The MR model used here included perpendicular distance and a factor variable that categorized the number of pellets into four group sizes (very small, small, medium and large) (Fig. 3). The histograms in Fig. 3 are the empirical estimators of the conditional detection functions; the heights of the histogram bins in Fig. 3 are obtained from the number of duplicates divided by the number of each observer's detections within each distance bin shown in Fig. 1 (i.e. Fig. 3a is derived from Figs 1b and 3b is derived from Fig. 1a, but note, for presentation purposes, different bin widths between Figs 3 and 1). From the fitted MR model, the probability of detection on the trackline by an observer, given that it was detected by the other observer [denoted by pj|3−j(0), = 1 or 2], was 0·795 (CV = 0·021). Note that ‘observer’ can be included in the model as an explanatory variable, so p1|2(0) ≠ p2|1(0), but in this case, it was not selected by Akaike's Information Criterion (Akaike 1973). The probability of detection on the trackline by at least one observer, averaged over all covariates, p(0), was estimated to be 0·942 (CV = 0·010).

image
Conditional detection functions from the faecal pellet survey for (a) observer 1 given detection by observer 2 and (b) observer 2 given detection by observer 1, and the fitted MR model averaged over pellet size class (solid line). The dots are the estimated detection probability for individual detections (large pellet class at the top and very small at the bottom).

With the PI assumption, the overall detection probability function is obtained by combining the shape of the detection function estimated from the DS model and the intercept parameter obtained from the MR model (Fig. 4a, Table 3). The probability of detection obtained from the DS model [i.e. assuming g(0) = 1] was 0·692 (CV = 0·032), and multiplying this by our estimate of p(0), 0·942 (CV = 0·010), resulted in overall probability of detection of 0·652 (CV = 0·033).

Table 3. Probabilities of detection obtained from the distance sampling (DS) and Mark–recapture (MR) models (averaged over all covariates where appropriate). CVs are given in parentheses, and a dash indicates that the probability was not applicable. The notation pj|3−j(0) (= 1 or 2) denotes the probability of detection on the trackline by observer j given detection by observer 3 − j; p1∪2 (0) is the probability of detection on the trackline for both observers combined
Probability Example 1: faecal pellets Example 2: pilot whales
Point independence Full independence
Model used Estimate Model used Estimate
Probability of detection assuming g(0) = 1 DS model 0·692 (0·032)
p1|2 (0) MR model 0·795 (0·021) MR model 0·796 (0·106)
p2|1 (0) MR model 0·795 (0·021)
p1∪2 (0) MR model 0·942 (0·010)
Overall probability of detection MRDS 0·652 (0·033) MR model 0·772 (0·107)
image
Fitted MRDS model under the (a) point independence assumption (solid line) and (b) full independence assumption overlaid onto the scaled distribution of perpendicular distances (cm) of all unique detections of faecal pellets. The dots are estimated detection probabilities for individual detections.

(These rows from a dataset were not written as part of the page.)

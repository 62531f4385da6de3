-- ===== src/Memory/Frame.antt =====
-- A live structure with its box beside other blocks.
use libuv_rs.Common.{◌≡◌, ◌≢◌, ◌∙◌, some, none, ◌∷◌, ==_ne, ne_sym}
use libuv_rs.Memory.{Ptr, Layout, Fields, Block, struct, Heap, lookup, erase, update}
use libuv_rs.Memory.Laws.{
  ne_of_lookup, lookup-update_self, lookup-update_ne, lookup-cons_ne, erase-update_ne, erase-update,
}
use libuv_rs.Memory.Boxed.{Boxed}

pub erase-cons_ne :
    (p v : Ptr) (b : Block) (h : Heap) → v ≢ p → erase p ((v, b) ∷ h) ≡ (v, b) ∷ erase p h
unfolding erase
erase-cons_ne p v b h ne = rw (==_ne v p ne)

pub update-cons_ne :
    (p v : Ptr) (b c : Block) (h : Heap) → v ≢ p → update p c ((v, b) ∷ h) ≡ (v, b) ∷ update p c h
unfolding update
update-cons_ne p v b c h ne = rw (==_ne v p ne)

module _ {h : Heap} {l : Layout} {p q : Ptr} {d : Block} {f : Fields} (o : Boxed h l p q d f) where
  -- A write to the fields of the structure.
  pub Boxed-update :
      (g : Fields)
      → Boxed (update p (struct l (record { data_ptr = some q; fields = g })) h) l p q d g
  Boxed-update g = record {
    p_not_null = o.p_not_null;
    q_not_null = o.q_not_null;
    apart = o.apart;
    p_holds = lookup-update_self p _ h o.p_holds;
    q_holds = lookup-update_ne q p _ h (ne_sym o.apart) ∙ o.q_holds;
    p_once = rw (erase-update p (struct l (record { data_ptr = some q; fields = g })) h) o.p_once;
    q_once =
        rw
          (erase-update_ne p q (struct l (record { data_ptr = some q; fields = g })) h
            (ne_sym o.apart))
          (lookup-update_ne q p _ (erase q h) (ne_sym o.apart) ∙ o.q_once);
  }

  module _ (v : Ptr) (b : Block) (fresh : lookup v h ≡ none) where
    pub fresh_ne_p : v ≢ p
    fresh_ne_p = ne_sym (ne_of_lookup p v h o.p_holds fresh)

    pub fresh_ne_q : v ≢ q
    fresh_ne_q = ne_sym (ne_of_lookup q v h o.q_holds fresh)

    -- A new block in front.
    pub Boxed-cons : Boxed ((v, b) ∷ h) l p q d f
    Boxed-cons = record {
      p_not_null = o.p_not_null;
      q_not_null = o.q_not_null;
      apart = o.apart;
      p_holds = lookup-cons_ne p v b h fresh_ne_p ∙ o.p_holds;
      q_holds = lookup-cons_ne q v b h fresh_ne_q ∙ o.q_holds;
      p_once =
          rw (erase-cons_ne p v b h fresh_ne_p)
            (lookup-cons_ne p v b (erase p h) fresh_ne_p ∙ o.p_once);
      q_once =
          rw (erase-cons_ne q v b h fresh_ne_q)
            (lookup-cons_ne q v b (erase q h) fresh_ne_q ∙ o.q_once);
    }

    pub erase-beside : erase p (erase q ((v, b) ∷ h)) ≡ (v, b) ∷ erase p (erase q h)
    erase-beside = rw (erase-cons_ne q v b h fresh_ne_q, erase-cons_ne p v b (erase q h) fresh_ne_p)

module _ {h : Heap} {l : Layout} {p q : Ptr} {b : Block} {f : Fields} (o : Boxed h l p q b f)
    (c : Block) where
  -- A write to the box.
  pub Boxed-set_box : Boxed (update q c h) l p q c f
  Boxed-set_box = record {
    p_not_null = o.p_not_null;
    q_not_null = o.q_not_null;
    apart = o.apart;
    p_holds = lookup-update_ne p q c h o.apart ∙ o.p_holds;
    q_holds = lookup-update_self q c h o.q_holds;
    p_once =
        rw (erase-update_ne q p c h o.apart)
          (lookup-update_ne p q c (erase p h) o.apart ∙ o.p_once);
    q_once = rw (erase-update q c h) o.q_once;
  }
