-- ===== src/Req/Fs/Laws.antt =====
-- What the operations on a file system request do to the memory.
use libuv_rs.Common.{ℕ, ◌≡◌, none, ==_refl, ==_ne}
use libuv_rs.Memory.{Ptr, null, Callback, cb, scandir_cb, fs_data, Fields, uv_fs_t, erase}
use libuv_rs.Memory.Effect.{Env, World, done, fault, Fault, note}
use libuv_rs.Memory.Laws.{lookup-erase_ne, erase-update, update-update}
use libuv_rs.Req.Owned.{Owned, lookup-freed, lookup-destroyed}
use libuv_rs.Req.Fs.{Uv, destroy, uv_fs_cb}

module _ (env : Env) (libuv : Uv) {p q : Ptr} {f : Callback} {fields : Fields} (w : World)
    (o : Owned w.heap uv_fs_t p q (fs_data f) fields) where
  pub destroy-Owned :
      destroy env libuv (record { req = p }) w
      ≡ done (record { req = null }) (record w { heap = erase p (erase q w.heap) })
  unfolding destroy
  destroy-Owned = simp (
    ==_ne p null o.p_not_null,
    o.p_holds,
    ==_ne q null o.q_not_null,
    o.q_holds,
    lookup-erase_ne p q w.heap o.apart,
    lookup-freed w o,
    update-update,
    ==_refl,
    erase-update,
  )

  pub uv_fs_cb-Owned :
      (n : ℕ)
      → f ≡ cb n
      → uv_fs_cb env libuv p w
        ≡ done tt (record w { heap = erase p (erase q w.heap); log = note n p none w.log })
  unfolding uv_fs_cb
  uv_fs_cb-Owned n e = simp (
    ==_ne p null o.p_not_null,
    o.p_holds,
    ==_ne q null o.q_not_null,
    o.q_holds,
    e,
    lookup-erase_ne p q w.heap o.apart,
    lookup-freed w o,
    update-update,
    ==_refl,
    erase-update,
  )

  -- The iterator has already destroyed the request when the C callback destroys it again.
  pub uv_fs_cb-scandir :
      (n : ℕ) → f ≡ scandir_cb n → uv_fs_cb env libuv p w ≡ fault Fault.dangling_pointer
  unfolding uv_fs_cb
  uv_fs_cb-scandir n e = simp (
    ==_ne p null o.p_not_null,
    o.p_holds,
    ==_ne q null o.q_not_null,
    o.q_holds,
    e,
    lookup-erase_ne p q w.heap o.apart,
    lookup-freed w o,
    update-update,
    ==_refl,
    erase-update,
    lookup-destroyed w o,
  )
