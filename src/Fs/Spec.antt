-- ===== src/Fs/Spec.antt =====
-- What an operation of the file system does, in one equation: the request is made, libuv is asked,
-- and the memory is left with a live request or as it was.
use libuv_rs.Common.{◌≡◌, ℕ, inl, inr, List, ◌==◌, Bool-cases, if◌then◌else◌}
use libuv_rs.Common.Int.{ℤ, is_neg}
use libuv_rs.Error.{Error, from_inner as error_from_inner}
use libuv_rs.Memory.{Ptr, null, Callback, CCallback, fs_data, Fields, uv_fs_t}
use libuv_rs.Memory.Effect.{
  uv, nul_error, has_nul, c_string_new, Env, World, Run, done, fails, Result, Eff, ◌>>=◌, give_back,
  use_c_callback,
}
use libuv_rs.Memory.Laws.{owed}
use libuv_rs.Req.Owned.{new_ptr, new_heap}
use libuv_rs.Req.Fs.{FsReq, FsCall, Uv}

module _ (env : Env) (libuv : Uv) (lp : Ptr) (c : FsCall) (w : World) where
  -- What libuv answers to the call on a new request.
  abbrev pub reply : Callback → ℤ × Fields
  reply f = libuv.uv_fs lp c (use_c_callback CCallback.uv_fs_cb f) env.garbage

  abbrev pub fs_ptr : Ptr
  fs_ptr = new_ptr env uv_fs_t w

  -- The state with the request live, its callback owed if it has one.
  abbrev pub submitted : Callback → World
  submitted f = record w {
    heap = new_heap env uv_fs_t w (fs_data f) (reply f).1;
    pending = owed fs_ptr (use_c_callback CCallback.uv_fs_cb f) w.pending;
  }

  -- No memory, refused by libuv, or accepted.
  unfoldable pub submit_spec : Callback → Run FsReq
  submit_spec f =
      if fs_ptr == null
      then fails (uv Error.enomem) w
      else if is_neg (reply f).0
      then fails (uv (error_from_inner env.errno (reply f).0)) w
      else done (record { req = fs_ptr }) (submitted f)

  -- A call without a callback: the outcome, read from the request; the state is as before.
  unfoldable pub sync_spec : {A : Type 0} → (Fields → Result A) → Run A
  sync_spec read =
      if fs_ptr == null
      then fails (uv Error.enomem) w
      else if is_neg (reply Callback.nil).0
      then fails (uv (error_from_inner env.errno (reply Callback.nil).0)) w
      else give_back (read (reply Callback.nil).1) w

-- A text with an inner zero byte is refused before anything else.
abbrev pub with_text : {A : Type 0} → List ℕ → World → Run A → Run A
with_text s w r = if has_nul s then fails nul_error w else r

abbrev pub with_texts : {A : Type 0} → List ℕ → List ℕ → World → Run A → Run A
with_texts s t w r = with_text s w (with_text t w r)

pub by_text :
    {A : Type 0} (s : List ℕ) (w : World) (m : List ℕ → Eff A) {r : Run A}
    → m s w ≡ r
    → (c_string_new s >>= m) w ≡ with_text s w r
unfolding c_string_new
by_text s w m e = elim (Bool-cases (has_nul s)) [ inl bad ↦ simp bad | inr good ↦ simp good e ]

pub by_texts :
    {A : Type 0} (s t : List ℕ) (w : World) (m : List ℕ → List ℕ → Eff A) {r : Run A}
    → m s t w ≡ r
    → (c_string_new s >>= λ s'. c_string_new t >>= m s') w ≡ with_texts s t w r
by_texts s t w m e = by_text s w (λ s'. c_string_new t >>= m s') (by_text t w (m s) e)

-- The same where the operation goes on with its request.
module _ {A B : Type 0} (k : A → Eff B) where
  pub by_text_then :
      (s : List ℕ) (w : World) (m : List ℕ → Eff A) {r : Run B}
      → (m s >>= k) w ≡ r
      → ((c_string_new s >>= m) >>= k) w ≡ with_text s w r
  unfolding c_string_new
  by_text_then s w m e = elim (Bool-cases (has_nul s)) [
    | inl bad ↦ simp bad
    | inr good ↦ simp good e
  ]

  pub by_texts_then :
      (s t : List ℕ) (w : World) (m : List ℕ → List ℕ → Eff A) {r : Run B}
      → (m s t >>= k) w ≡ r
      → ((c_string_new s >>= λ s'. c_string_new t >>= m s') >>= k) w ≡ with_texts s t w r
  by_texts_then s t w m e =
      by_text_then s w (λ s'. c_string_new t >>= m s') (by_text_then t w (m s) e)
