-- ===== src/Fs/Laws.antt =====
-- The shared end of the file system operations meets its specification.
use libuv_rs.Common.{
  ◌≡◌, ◌≢◌, inl, inr, true, none, some, ◌==◌, Bool-cases, if◌then◌else◌, ==_refl, ==_ne,
}
use libuv_rs.Common.Int.{is_neg}
use libuv_rs.Error.{Error, from_inner as error_from_inner}
use libuv_rs.Memory.{
  Ptr, null, Callback, CCallback, fs_data, Fields, uv_fs_t, struct, update, erase,
}
use libuv_rs.Memory.Effect.{
  uv, Env, World, done, fails, Result, Eff, ◌>>=◌, IsAllocator, give_back, use_c_callback, uvret,
}
use libuv_rs.Memory.Laws.{owe-neg, owe-pos, ne_of_test}
use libuv_rs.Req.Owned.{
  Owned, new_ptr, new_box, new_heap, new_request-done, new_request-Owned, erase-new_heap,
  update-new_heap,
}
use libuv_rs.Req.Fs.{FsReq, FsCall, Uv, new}
use libuv_rs.Req.Fs.Laws.{destroy-Owned}
use libuv_rs.Fs.{submit}
use libuv_rs.Fs.Spec.{submit_spec, sync_spec, reply, submitted}

-- A way to end a synchronous call that reads the request and destroys it, and does no more.
abbrev pub Finishes : {A : Type 0} → (FsReq → Eff A) → (Fields → Result A) → Type 0
Finishes finish read =
    (v : World) (p q : Ptr) (g : Fields)
    → Owned v.heap uv_fs_t p q (fs_data Callback.nil) g
    → finish (record { req = p }) v
      ≡ give_back (read g) (record v { heap = erase p (erase q v.heap) })

module _ (env : Env) (law : IsAllocator env) (libuv : Uv) (lp : Ptr) (w : World) where
  pub new-null :
      (f : Callback)
      → (env.alloc w.heap uv_fs_t == null) ≡ true
      → new env libuv f w ≡ fails (uv Error.enomem) w
  unfolding new
  new-null f e = simp (e, ==_refl)

  abbrev fs_ptr : Ptr
  fs_ptr = new_ptr env uv_fs_t w

  abbrev fs_box : Ptr
  fs_box = new_box env uv_fs_t w

  module _ (f : Callback) (got : env.alloc w.heap uv_fs_t ≢ null) where
    pub new-got :
        new env libuv f w
        ≡ done
            (record { req = new_ptr env uv_fs_t w })
            (record w { heap = new_heap env uv_fs_t w (fs_data f) env.garbage })
    unfolding new
    new-got = rw (new_request-done env law uv_fs_t (fs_data f) w got)

    owned :
        (g : Fields)
        → Owned (new_heap env uv_fs_t w (fs_data f) g) uv_fs_t fs_ptr fs_box (fs_data f) g
    owned = new_request-Owned env law uv_fs_t (fs_data f) w got

    written :
        (g : Fields)
        → update fs_ptr
            (struct uv_fs_t (record { data_ptr = some fs_box; fields = g }))
            (new_heap env uv_fs_t w (fs_data f) env.garbage)
          ≡ new_heap env uv_fs_t w (fs_data f) g
    written = update-new_heap env law uv_fs_t (fs_data f) w got env.garbage

    submit-got :
        (c : FsCall)
        → submit env libuv lp
            (record { req = new_ptr env uv_fs_t w })
            c
            (use_c_callback CCallback.uv_fs_cb f)
            (record w { heap = new_heap env uv_fs_t w (fs_data f) env.garbage })
          ≡ (if is_neg (reply env libuv lp c w f).0
              then fails (uv (error_from_inner env.errno (reply env libuv lp c w f).0)) w
              else done (record { req = new_ptr env uv_fs_t w }) (submitted env libuv lp c w f))
    unfolding submit uvret
    submit-got c = elim (Bool-cases (is_neg (reply env libuv lp c w f).0)) [
      | inl bad ↦ simp (
        ==_ne (new_ptr env uv_fs_t w) null got,
        (owned env.garbage).p_holds,
        written,
        owe-neg _ _ _ _ bad,
        bad,
        destroy-Owned env libuv _ (owned (reply env libuv lp c w f).1),
        erase-new_heap,
      )
      | inr good ↦ simp (
        ==_ne (new_ptr env uv_fs_t w) null got,
        (owned env.garbage).p_holds,
        written,
        owe-pos _ _ _ _ good,
        good,
      )
    ]

  pub submit_lem :
      (c : FsCall) (f : Callback)
      → (new env libuv f >>= λ req. submit env libuv lp req c (use_c_callback CCallback.uv_fs_cb f))
          w
        ≡ submit_spec env libuv lp c w f
  unfolding submit_spec
  submit_lem c f = elim (Bool-cases (env.alloc w.heap uv_fs_t == null)) [
    | inl gone ↦ rw (new-null f gone, gone)
    | inr got ↦ rw (new-got f (ne_of_test got), got) (submit-got f (ne_of_test got) c)
  ]

  pub sync_lem :
      {A : Type 0} (c : FsCall) (finish : FsReq → Eff A) (read : Fields → Result A)
      → Finishes finish read
      → (new env libuv Callback.nil >>= (λ req. submit env libuv lp req c none) >>= finish) w
        ≡ sync_spec env libuv lp c w read
  unfolding sync_spec submit_spec
  sync_lem c finish read ends = elim (Bool-cases (env.alloc w.heap uv_fs_t == null)) [
    | inl gone ↦ rw (submit_lem c Callback.nil) (simp gone)
    | inr got ↦
        rw (submit_lem c Callback.nil, got)
          (elim (Bool-cases (is_neg (reply env libuv lp c w Callback.nil).0)) [
            | inl bad ↦ simp bad
            | inr good ↦ rw (
              good,
              ends (submitted env libuv lp c w Callback.nil) _ _ _
                  (owned Callback.nil (ne_of_test got) (reply env libuv lp c w Callback.nil).1),
              erase-new_heap env uv_fs_t w (fs_data Callback.nil)
                  (reply env libuv lp c w Callback.nil).1,
            )
          ])
  ]
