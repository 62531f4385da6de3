-- ===== src/Fs/Submit.antt =====
-- src/fs/mod.rs: the call of libuv on a live request, whatever else is in memory.
use libuv_rs.Common.{◌≡◌, inl, inr, none, some, Bool-cases, if◌then◌else◌, ==_ne, sym}
use libuv_rs.Common.Int.{ℤ, is_neg}
use libuv_rs.Error.{from_inner as error_from_inner}
use libuv_rs.Memory.{
  Ptr, null, Callback, CCallback, fs_data, Fields, uv_fs_t, struct, Heap, Block, update, erase,
}
use libuv_rs.Memory.Effect.{
  uv, Env, World, done, fails, Result, Eff, ◌>>=◌, give_back, use_c_callback, uvret,
}
use libuv_rs.Memory.Laws.{owe-neg, owe-pos, owed, erase_comm, erase-update}
use libuv_rs.Req.Owned.{Owned}
use libuv_rs.Memory.Frame.{Boxed-update}
use libuv_rs.Req.Fs.{FsReq, FsCall, Uv}
use libuv_rs.Req.Fs.Laws.{destroy-Owned}
use libuv_rs.Fs.{submit}
use libuv_rs.Fs.Laws.{Finishes}

pub erase-written :
    (p q : Ptr) (b : Block) (h : Heap)
    → ((q ≡ p) → ⊥)
    → erase p (erase q (update p b h)) ≡ erase p (erase q h)
erase-written p q b h ne =
    rw (erase_comm p q (update p b h) ne, erase-update p b h) (sym (erase_comm p q h ne))

module _ (env : Env) (libuv : Uv) (lp : Ptr) {p q : Ptr} {f : Callback} {g : Fields} (v : World)
    (o : Owned v.heap uv_fs_t p q (fs_data f) g) (c : FsCall) where
  abbrev pub answered : ℤ × Fields
  answered = libuv.uv_fs lp c (use_c_callback CCallback.uv_fs_cb f) g

  -- The state without the request and its data.
  abbrev pub destroyed : World
  destroyed = record v { heap = erase p (erase q v.heap) }

  abbrev pub accepted : World
  accepted = record v {
    heap = update p (struct uv_fs_t (record { data_ptr = some q; fields = answered.1 })) v.heap;
    pending = owed p (use_c_callback CCallback.uv_fs_cb f) v.pending;
  }

  pub submit-Owned :
      submit env libuv lp (record { req = p }) c (use_c_callback CCallback.uv_fs_cb f) v ≡ (
        if is_neg answered.0
        then fails (uv (error_from_inner env.errno answered.0)) destroyed
        else done (record { req = p }) accepted)
  unfolding submit uvret
  submit-Owned = elim (Bool-cases (is_neg answered.0)) [
    | inl bad ↦ simp (
      ==_ne p null o.p_not_null,
      o.p_holds,
      owe-neg _ _ _ _ bad,
      bad,
      destroy-Owned env libuv _ (Boxed-update o answered.1),
      erase-written p q _ v.heap o.apart,
    )
    | inr good ↦ simp (==_ne p null o.p_not_null, o.p_holds, owe-pos _ _ _ _ good, good)
  ]

module _ (env : Env) (libuv : Uv) (lp : Ptr) {p q : Ptr} {g : Fields} (v : World)
    (o : Owned v.heap uv_fs_t p q (fs_data Callback.nil) g) (c : FsCall) where
  pub submit_finish :
      {A : Type 0} (finish : FsReq → Eff A) (read : Fields → Result A)
      → Finishes finish read
      → (submit env libuv lp (record { req = p }) c none >>= finish) v ≡ (
          if is_neg (answered env libuv lp v o c).0
          then fails
              (uv (error_from_inner env.errno (answered env libuv lp v o c).0))
              (destroyed env libuv lp v o c)
          else give_back (read (answered env libuv lp v o c).1) (destroyed env libuv lp v o c))
  submit_finish finish read ends = elim (Bool-cases (is_neg (answered env libuv lp v o c).0)) [
    | inl bad ↦ simp (submit-Owned env libuv lp v o c, bad)
    | inr good ↦ simp (
      submit-Owned env libuv lp v o c,
      good,
      ends (accepted env libuv lp v o c) _ _ _ (Boxed-update o (answered env libuv lp v o c).1),
      erase-written p q _ v.heap o.apart,
    )
  ]
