-- ===== src/Fs/Finish.antt =====
-- The ways in which the synchronous operations end.
use libuv_rs.Common.{ℕ, Bool-cases, inl, inr, ==_ne}
use libuv_rs.Common.Int.{ℤ, is_neg}
use libuv_rs.FsStat.{stat_of}
use libuv_rs.FsType.{from_inner as fs_type_from_inner}
use libuv_rs.Memory.{null}
use libuv_rs.Memory.Effect.{Env, Result, ok, err, status_of, uvret}
use libuv_rs.Req.Fs.{
  Uv, dir_for, statfs_for, real_path_for, result, path, stat, dir, statfs, real_path,
}
use libuv_rs.Req.Fs.Laws.{destroy-Owned}
use libuv_rs.Fs.{
  as_i32, ok_or_einval, destroy_req_return_result, destroy_req_return_boxed_result, then_file,
  then_path, then_stat, then_dir, then_statfs, then_real_path,
}
use libuv_rs.Fs.Laws.{Finishes}

-- A descriptor from the result of the request.
abbrev pub file_result : Result ℕ → Result ℤ
file_result (ok f) = ok (as_i32 f)
file_result (err e) = err e

module _ (env : Env) (libuv : Uv) where
  pub destroy_req_return_result_lem :
      Finishes (destroy_req_return_result env libuv) (λ g. status_of env g.result)
  unfolding destroy_req_return_result result uvret status_of
  destroy_req_return_result_lem v p q g o = elim (Bool-cases (is_neg g.result)) [
    | inl bad ↦ simp (==_ne p null o.p_not_null, o.p_holds, bad, destroy-Owned env libuv v o)
    | inr good ↦ simp (==_ne p null o.p_not_null, o.p_holds, good, destroy-Owned env libuv v o)
  ]

  pub destroy_req_return_boxed_result_lem :
      Finishes (destroy_req_return_boxed_result env libuv) (λ g. status_of env g.result)
  unfolding destroy_req_return_boxed_result
  destroy_req_return_boxed_result_lem = destroy_req_return_result_lem

  pub then_path_lem : Finishes (then_path env libuv) (λ g. ok g.path)
  unfolding then_path path
  then_path_lem v p q g o = simp (==_ne p null o.p_not_null, o.p_holds, destroy-Owned env libuv v o)

  pub then_dir_lem :
      Finishes
        (then_dir env libuv)
        (λ g. ok_or_einval (dir_for (fs_type_from_inner libuv.fs_type g.type_) g.ptr))
  unfolding then_dir dir
  then_dir_lem v p q g o = simp (==_ne p null o.p_not_null, o.p_holds, destroy-Owned env libuv v o)

  pub then_file_lem : Finishes (then_file env libuv) (λ g. file_result (status_of env g.result))
  unfolding then_file result uvret status_of
  then_file_lem v p q g o = elim (Bool-cases (is_neg g.result)) [
    | inl bad ↦ simp (==_ne p null o.p_not_null, o.p_holds, bad, destroy-Owned env libuv v o)
    | inr good ↦ simp (==_ne p null o.p_not_null, o.p_holds, good, destroy-Owned env libuv v o)
  ]

  pub then_stat_lem : Finishes (then_stat env libuv) (λ g. ok (stat_of g.statbuf))
  unfolding then_stat stat
  then_stat_lem v p q g o = simp (==_ne p null o.p_not_null, o.p_holds, destroy-Owned env libuv v o)

  pub then_statfs_lem :
      Finishes
        (then_statfs env libuv)
        (λ g. ok_or_einval (statfs_for env libuv (fs_type_from_inner libuv.fs_type g.type_) g.ptr))
  unfolding then_statfs statfs
  then_statfs_lem v p q g o =
      simp (==_ne p null o.p_not_null, o.p_holds, destroy-Owned env libuv v o)

  pub then_real_path_lem :
      Finishes (then_real_path env libuv) (λ g.
        ok_or_einval (real_path_for env libuv (fs_type_from_inner libuv.fs_type g.type_) g.ptr))
  unfolding then_real_path real_path
  then_real_path_lem v p q g o =
      simp (==_ne p null o.p_not_null, o.p_holds, destroy-Owned env libuv v o)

Full independence assumption

If the FI assumption had been chosen, the DS model would not be required and the MR model would be used to estimate both the probability of detection on the trackline (which is the intercept of the detection function) and the probability of detection away from the trackline (which gives the shape of the detection function). Figure 4b shows the fitted model under the FI assumption (which in distance is an MR FI model) using the same MR model as used previously; the overall probability of detection from this model was 0·862 (CV = 0·017), which was substantially larger than the estimate from the PI model. Note that while the fit of the PI model to the distribution of distances of detected pellet groups is good (Fig. 4a), the fit of the FI model to this distribution is very bad (Fig. 4b) even though the conditional detection function model fits the duplicate proportions well (Fig. 3). The lack of fit of the FI model, evident in Fig. 4b, is a substantial indicator that the FI model is inadequate. In fact, it was this symptom of model inadequacy that led to the development of PI (see Laake 1999; Laake & Borchers 2004; Buckland, Laake & Borchers 2010). In this example, the PI assumption is more appropriate: there was no issue with responsive movement and so no reason to doubt that the shape of the histogram of perpendicular distances (Fig. 2) reflects the shape of the detection function.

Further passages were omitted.